The viewing for Officer Nickles was attended by Gov. Paul Patton. Her funeral was attended by over 1000 mourners including officers from 73 agencies. After the service over 400 police vehicles with emergency lights flashing escorted the hearse to Spring Hill cemetery.
The killer of Officer Nickles, John Paul Works, was discovered to have been charged with five offenses during the prior two years. He had been free on bail for felony assault and wanton endangerment at the time of the killing. Prosecutors sought the death penalty for Works but a Boyle County jury sentenced him to life in prison instead.
No killer of a police officer sentenced to life in prison should ever be granted parole. Attacks on police are an attack on society itself. The failure of the jury to make sure Works would never be eligible for parole must not be followed up by the Kentucky Parole Board failing to keep him behind bars.

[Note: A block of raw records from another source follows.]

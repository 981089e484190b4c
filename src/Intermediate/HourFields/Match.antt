-- ===== src/Intermediate/HourFields/Match.antt =====
-- The match over the hour, read against the list of the fields.
use starnext_import.Intermediate.HourFields.{HourFields, change_hour, change_at, hour_list}
use starnext_import.Prelude.{ℕ, zero, suc, ◌≡◌, refl, ◌==◌, ap, ◌≤◌, ltb, true, false, arith}

-- Each number below `k` on its own, and all others.
abbrev Cases : (ℕ → Type 0) → ℕ → Type 0
Cases P zero = (n : ℕ) → P n
Cases P (suc k) = P zero × Cases (λ n. P (suc n)) k

by_cases : (P : ℕ → Type 0) (k : ℕ) → Cases P k → (n : ℕ) → P n
by_cases P zero c n = c n
by_cases P (suc k) c zero = c.0
by_cases P (suc k) c (suc n) = by_cases (λ m. P (suc m)) k c.1 n

not_hour : (hour k : ℕ) → 24 ≤ hour → ltb k 24 ≡ true → (hour == k) ≡ false
not_hour hour k past h = ground arith

module _ {A : Type 0} where
  -- An hour past 23 changes nothing.
  change_hour_past :
      (hour : ℕ) (f : A → A) (v : HourFields A) → 24 ≤ hour → change_hour hour f v ≡ v
  unfolding change_hour
  change_hour_past hour f v past =
      rw
        (
          not_hour hour 0 past refl,
          not_hour hour 1 past refl,
          not_hour hour 2 past refl,
          not_hour hour 3 past refl,
          not_hour hour 4 past refl,
          not_hour hour 5 past refl,
          not_hour hour 6 past refl,
          not_hour hour 7 past refl,
          not_hour hour 8 past refl,
          not_hour hour 9 past refl,
          not_hour hour 10 past refl,
          not_hour hour 11 past refl,
          not_hour hour 12 past refl,
          not_hour hour 13 past refl,
          not_hour hour 14 past refl,
          not_hour hour 15 past refl,
          not_hour hour 16 past refl,
          not_hour hour 17 past refl,
          not_hour hour 18 past refl,
          not_hour hour 19 past refl,
          not_hour hour 20 past refl,
          not_hour hour 21 past refl,
          not_hour hour 22 past refl,
          not_hour hour 23 past refl,
        )
        refl

  -- The match changes the field of its hour, and no other.
  pub hour_list-change_hour :
      (hour : ℕ) (f : A → A) (v : HourFields A)
      → hour_list (change_hour hour f v) ≡ change_at hour f (hour_list v)
  unfolding change_hour
  hour_list-change_hour hour f v =
      by_cases (λ n. hour_list (change_hour n f v) ≡ change_at n f (hour_list v)) 24
        (
          refl,
          (
            refl,
            (
              refl,
              (
                refl,
                (
                  refl,
                  (
                    refl,
                    (
                      refl,
                      (
                        refl,
                        (
                          refl,
                          (
                            refl,
                            (
                              refl,
                              (
                                refl,
                                (
                                  refl,
                                  (
                                    refl,
                                    (
                                      refl,
                                      (
                                        refl,
                                        (
                                          refl,
                                          (
                                            refl,
                                            (
                                              refl,
                                              (
                                                refl,
                                                (
                                                  refl,
                                                  (
                                                    refl,
                                                    (
                                                      refl,
                                                      (
                                                        refl,
                                                        λ n. ap hour_list (
                                                            change_hour_past
                                                            (suc (
                                                            suc (
                                                            suc (
                                                            suc (
                                                            suc (
                                                            suc (
                                                            suc (
                                                            suc (
                                                            suc (
                                                            suc (
                                                            suc (
                                                            suc (
                                                            suc (
                                                            suc (
                                                            suc (
                                                            suc (
                                                            suc (
                                                            suc (
                                                            suc (
                                                            suc (
                                                            suc
                                                            (suc (suc (suc n))))))))))))))))))))))))
                                                            f v (omega arith)),
                                                      ),
                                                    ),
                                                  ),
                                                ),
                                              ),
                                            ),
                                          ),
                                        ),
                                      ),
                                    ),
                                  ),
                                ),
                              ),
                            ),
                          ),
                        ),
                      ),
                    ),
                  ),
                ),
              ),
            ),
          ),
        )
        hour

Among the eulogies offered at the service for Officer Nickles, Rev. David Hartman, noted that: She died, of course, in the line of love. Even though she may not have known them all by name, the people she defended down through her years, were her friends. In a world of wolves, she became a shepherd. She served and protected with a shepherd's love, and in the end, she laid down her life for her friends. And there is no greater love than that.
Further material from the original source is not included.